Guess what I did this week that probably wasn´t all that smart? Well, I wanted to take my picture under the train station sign of this certain part of our area that we almost never go to. The train stops there for 20 seconds so I got Hermana Pruner to jump off with me, take the picture and then get back on before the train pulled away. Just for kicks I decided to hop off before the train had come to a complete stop. Don´t worry, I didn´t get hurt. I tried to follow the Elders advice of jumping into the direction of motion, but it is harder than you think. My landing was less than graceful, but all on my feet. I´d like to give it another try some day and see if I can get really good at it, but I don´t want to twist my ankle, so at least that will not be an experiment I repeat in the field. Rest assured.
_______ is understanding more and more. She can almost pray by herself and remembers the rules about Sundays. We are quite content with her progress. Keep her in your prayers.
The other night there was this lightening storm like you can´t even believe. Remember the scene from the Testaments when Christ has died and the sky just goes crazy with lightening? That was nothing compared to this. I took a video of it to prove to you later... it was lightening every 2 seconds with no thunder. It was fun and we made it back to the pench completely dry before the rain started. What a blessing!
The family we were working with isn't progressing at all. They recognize that their church isn´t true, but let their kids go anyway. They love our doctrine about forever families, but don't want to be baptized and don´t keep any of their commitments, so it´s basically time to say Chausazo “big GOODBYE” it makes me sad--a complete family that just doesn´t progress. But the kids are golden. They want to come to church and said they felt an answer to their prayers, but without the support of their parents it would be tough for them to stay active...it makes me sad.
The other day we stopped to talk with a bunch of 12 year old boys who were fishing something out of the ditches and one of them showed us this giant eel like creature he had in his hands. It was like a snake, but with the mouth of an eel and the skin of ... how could I describe it? I touched it as I made the boys promise not to try anything smart (like throwing it at me). They were all really cool about it. I think they were just tickled pink to have 2 American girls all talking to them and telling them how brave they were.
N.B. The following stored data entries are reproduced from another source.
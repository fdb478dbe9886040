-- ===== src/RateLimit/Windows.antt =====
-- What the fallback counts while Redis is unreachable.
use gridix_infra.RateLimit.{
  bump_local, Key, Windows, count_in, key_eq, is_past, check_rate_limit, check_local, fail_key,
  record_auth_failure, auth_failures_exceeded,
}
use gridix_infra.Prelude.{
  ℕ, Bool, none, List, [], ◌∷◌, ◌≡◌, refl, arith, inl, inr, Bool-cases, if◌then◌else◌, ◌≤◌, suc,
  ◌+◌, not, String, ap, ◌∙◌, ◌/◌, ◌&&◌, or_default, All, count_if, leb, min_ℕ,
}
use gridix_infra.Prelude.Dict.{get-put, get-keep, put, keep}

count_in-put :
    (j k : Key) (n : ℕ) (windows : Windows)
    → count_in k (put j n windows) ≡ (if key_eq.same j k then n else count_in k windows)
count_in-put j k n windows = elim (Bool-cases (key_eq.same j k)) [
  | inl e ↦ rw (get-put j k n windows, e) refl
  | inr e ↦ rw (get-put j k n windows, e) refl
]

-- The pruning for a window forgets no key of it or of the one before.
count_in-pruned :
    (k : Key) (window : ℕ) (windows : Windows)
    → window ≤ k.1 + 1
    → count_in k (keep (λ x. not (is_past window x)) windows) ≡ count_in k windows
count_in-pruned k window windows le =
    ap (λ o. or_default o 0) (get-keep (λ x. not (is_past window x)) k windows (ground (arith, le)))

bump_result :
    (j : Key) (windows : Windows) → (bump_local j.0 j.1 windows).0 ≡ suc (count_in j windows)
unfolding bump_local
bump_result j windows = omega (arith, count_in-pruned j j.1 windows (omega arith))

-- A bump counts for its own key.
bump_count :
    (k j : Key) (windows : Windows)
    → j.1 ≤ k.1 + 1
    → count_in k (bump_local j.0 j.1 windows).1
      ≡ (if key_eq.same j k then suc (count_in k windows) else count_in k windows)
unfolding bump_local
bump_count k j windows le =
    let pruned = keep (λ x. not (is_past j.1 x)) windows in
    count_in-put j k (count_in j pruned + 1) pruned ∙ elim (Bool-cases (key_eq.same j k)) [
      | inl e ↦
          let path : count_in j windows ≡ count_in k windows =
            ap (λ x. count_in x windows) (key_eq.same_sound j k e) in
          rw e (omega (arith, path, count_in-pruned j j.1 windows (omega arith)))
      | inr e ↦ rw e (count_in-pruned k j.1 windows le)
    ]

-- One request and what is admitted after it.
step_mine :
    (a c n r occurs limit : ℕ)
    → a + min_ℕ n limit ≡ min_ℕ (n + occurs) limit
    → n ≡ suc c
    → r ≡ suc c
    → (if leb r limit then suc a else a) + min_ℕ c limit ≡ min_ℕ (c + suc occurs) limit
step_mine a c n r occurs limit ih en er = ground arith

-- The requests that are let through for one key, in a run of requests that each have an identity
-- and a time.
abbrev pub key_of : ℕ → String × ℕ → Key
key_of window_seconds r = (r.0, r.1 / window_seconds)

module _ (limit window_seconds : ℕ) (k : Key) where
  abbrev pub is_for : String × ℕ → Bool
  is_for r = key_eq.same (key_of window_seconds r) k

  abbrev pub admitted : List (String × ℕ) → Windows → ℕ
  admitted [] windows = 0
  admitted (r ∷ rs) windows =
      let (allowed, next) = check_rate_limit none r.0 limit window_seconds r.1 windows in
      let rest = admitted rs next in if is_for r && allowed then suc rest else rest

  -- What is already counted uses the limit up first.
  admitted_from :
      (rs : List (String × ℕ)) (windows : Windows)
      → All (λ r. r.1 / window_seconds ≤ k.1 + 1) rs
      → admitted rs windows + min_ℕ (count_in k windows) limit
        ≡ min_ℕ (count_in k windows + count_if is_for rs) limit
  unfolding check_rate_limit check_local
  admitted_from [] windows h = ground arith
  admitted_from (r ∷ rs) windows (h, hs) =
      let j = key_of window_seconds r in
      let next = (bump_local j.0 j.1 windows).1 in
      let ih = admitted_from rs next hs in
      let count = bump_count k j windows h in
      let result = bump_result j windows in
      elim (Bool-cases (key_eq.same j k)) [
        | inl e ↦
            let path : count_in j windows ≡ count_in k windows =
              ap (λ x. count_in x windows) (key_eq.same_sound j k e) in
            let more : count_in k next ≡ suc (count_in k windows) =
              count ∙ ap (λ b. if b then suc (count_in k windows) else count_in k windows) e in
            rw e (
              step_mine (admitted rs next) (count_in k windows) (count_in k next)
                (bump_local j.0 j.1 windows).0 (count_if is_for rs) limit ih more
                (omega (arith, result, path)))
        | inr e ↦
            let same : count_in k next ≡ count_in k windows =
              count ∙ ap (λ b. if b then suc (count_in k windows) else count_in k windows) e in
            rw e (rw⁻¹ same ih)
      ]

  -- While Redis is unreachable the limit still holds, exactly: from a process that has counted
  -- nothing, of the requests of one identity in one window as many are let through as come, up to
  -- the limit, whatever the other identities and windows request meanwhile, as long as no request
  -- comes later than in the next window.
  pub admitted_lem :
      (rs : List (String × ℕ))
      → All (λ r. r.1 / window_seconds ≤ k.1 + 1) rs
      → admitted rs [] ≡ min_ℕ (count_if is_for rs) limit
  admitted_lem rs h = ground (arith, admitted_from rs [] h)

-- The failures of one identity in one window.
abbrev pub failed : ℕ → String → ℕ → String × ℕ → Bool
failed window_seconds identity window r =
    key_eq.same (fail_key r.0, r.1 / window_seconds) (fail_key identity, window)

abbrev pub record_all : ℕ → List (String × ℕ) → Windows → Windows
record_all window_seconds [] windows = windows
record_all window_seconds (r ∷ rs) windows =
    record_all window_seconds rs (record_auth_failure none r.0 window_seconds r.1 windows)

record_all_count :
    (window_seconds : ℕ) (identity : String) (window : ℕ) (rs : List (String × ℕ))
    (windows : Windows)
    → All (λ r. r.1 / window_seconds ≤ window + 1) rs
    → count_in (fail_key identity, window) (record_all window_seconds rs windows)
      ≡ count_in (fail_key identity, window) windows
        + count_if (failed window_seconds identity window) rs
unfolding record_auth_failure
record_all_count window_seconds identity window [] windows h = omega arith
record_all_count window_seconds identity window (r ∷ rs) windows (h, hs) =
    let k : Key = (fail_key identity, window) in
    let j : Key = (fail_key r.0, r.1 / window_seconds) in
    let next = (bump_local j.0 j.1 windows).1 in
    let ih = record_all_count window_seconds identity window rs next hs in
    let count = bump_count k j windows h in
    elim (Bool-cases (key_eq.same j k)) [
      | inl e ↦
          let more : count_in k next ≡ suc (count_in k windows) =
            count ∙ ap (λ b. if b then suc (count_in k windows) else count_in k windows) e in
          rw e (omega (arith, ih, more))
      | inr e ↦
          let same : count_in k next ≡ count_in k windows =
            count ∙ ap (λ b. if b then suc (count_in k windows) else count_in k windows) e in
          rw e (omega (arith, ih, same))
    ]

-- While Redis is unreachable, after any failed authentications that are recorded from a process
-- that has counted nothing, none of them later than in the next window, the budget of an identity
-- is exceeded in a window exactly when the failures with its key in that window reach the limit.
pub auth_failures_exceeded_lem :
    (window_seconds : ℕ) (identity : String) (limit now : ℕ) (rs : List (String × ℕ))
    → All (λ r. r.1 / window_seconds ≤ now / window_seconds + 1) rs
    → auth_failures_exceeded none identity limit window_seconds now
        (record_all window_seconds rs [])
      ≡ leb limit (count_if (failed window_seconds identity (now / window_seconds)) rs)
unfolding auth_failures_exceeded
auth_failures_exceeded_lem window_seconds identity limit now rs h =
    ap (leb limit)
      (omega (arith, record_all_count window_seconds identity (now / window_seconds) rs [] h))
It will probably be one of their fondest memories and one day lead to their baptism!
We were supposed to paint the fire station in Villars on Saturday, but we got there in remis – which cost $25 pesos and it had been cancelled. We were so not amused. But we made the best of the day and hey, it was an adventure.
Did you know that there is a huge lack of cemetery space here? They don´t sell plots they just rent them and you have to re-rent them or move the deceased person somewhere else. Last I heard Las Heras only has room for 5 more dead people and then there is just no plan B. I don´t understand such confusion. And the worst part is that the living have to keep paying the rent for the dead. So the more generations down the road, the more you have to pay for all your dead.
The other day we were talking to this guy and he said “you guys do things differently in the states, like you celebrate Christmas in winter.” And before I could stop myself, I said “yeah, but that just has to do with how the planet rotates,” it´s not like we just do the opposite of you guys for kicks. I had to bite my tongue not to laugh after I said it. I´m not even kidding.
So yeah, yesterday we had Sisters Conference in the mission home and Sister Pruner and I were assigned to teach a workshop.
We did this activity as part of it where everyone had a little heart handout and everybody was supposed to write an attribute about that missionary and pass it around in a circle until everyone had written on everybody´s. Sounds simple, right? What could possible go wrong... we were in a circle and we´re all at least 21 years old. Oh how wrong we were. Somehow, which I will never know how... the hearts got messed up and there were hearts that nobody had gotten and other hearts that people had gotten twice and it took 3 times longer than we budgeted for and in the end it was like a joke. I was sure that there would be a candid camera somewhere, but there wasn´t. So hence, don´t be so sure that 21 year olds can pass a piece of paper in a circle without getting seriously confused. What a joke. But President liked the activity, even though it seemed to blow up in our faces.
Oh, and we were heading to the mission home to stay the night before the Monday Sister’s Conference and we were in a remis. The driver got off the freeway one exit too soon and when it dawned on him a good 50 meters down the ramp – yes declining ramp – he just stopped, put it in reverse and went UP the hill in the DARK with the other cars coming DOWN the hill and swerving around us and honking. I literally looked behind me, saw what we were doing, and turned back around, closed my eyes and said “if I die, it´s OK.” We weren´t hit, which was literally a miracle and we got back on the freeway and kept on our way. ONLY IN ARGENTINA.
During said conference Heavenly Father blessed me with great closure with respect to the end of the mission. It hit me little by little all day, that it was literally going to end and I was totally OK with it. I wrote in my journal that night how I felt like I felt when I was graduating from BHS and then BYU. You are dead sure you´re going to miss it like crazy and you loved the experience, but you´re ready for something else.... something more. I feel quite at peace. Believe it or not.
We tried to buy ice cream on Saturday night to eat on the long train ride on Sunday night heading to the mission home, but we don´t have a freezer and it melted in the fridge... so we ate milkshakes in the train. It was still fun, but not quite the image that Sister Godfrey and I had in mind. But we will never forget it!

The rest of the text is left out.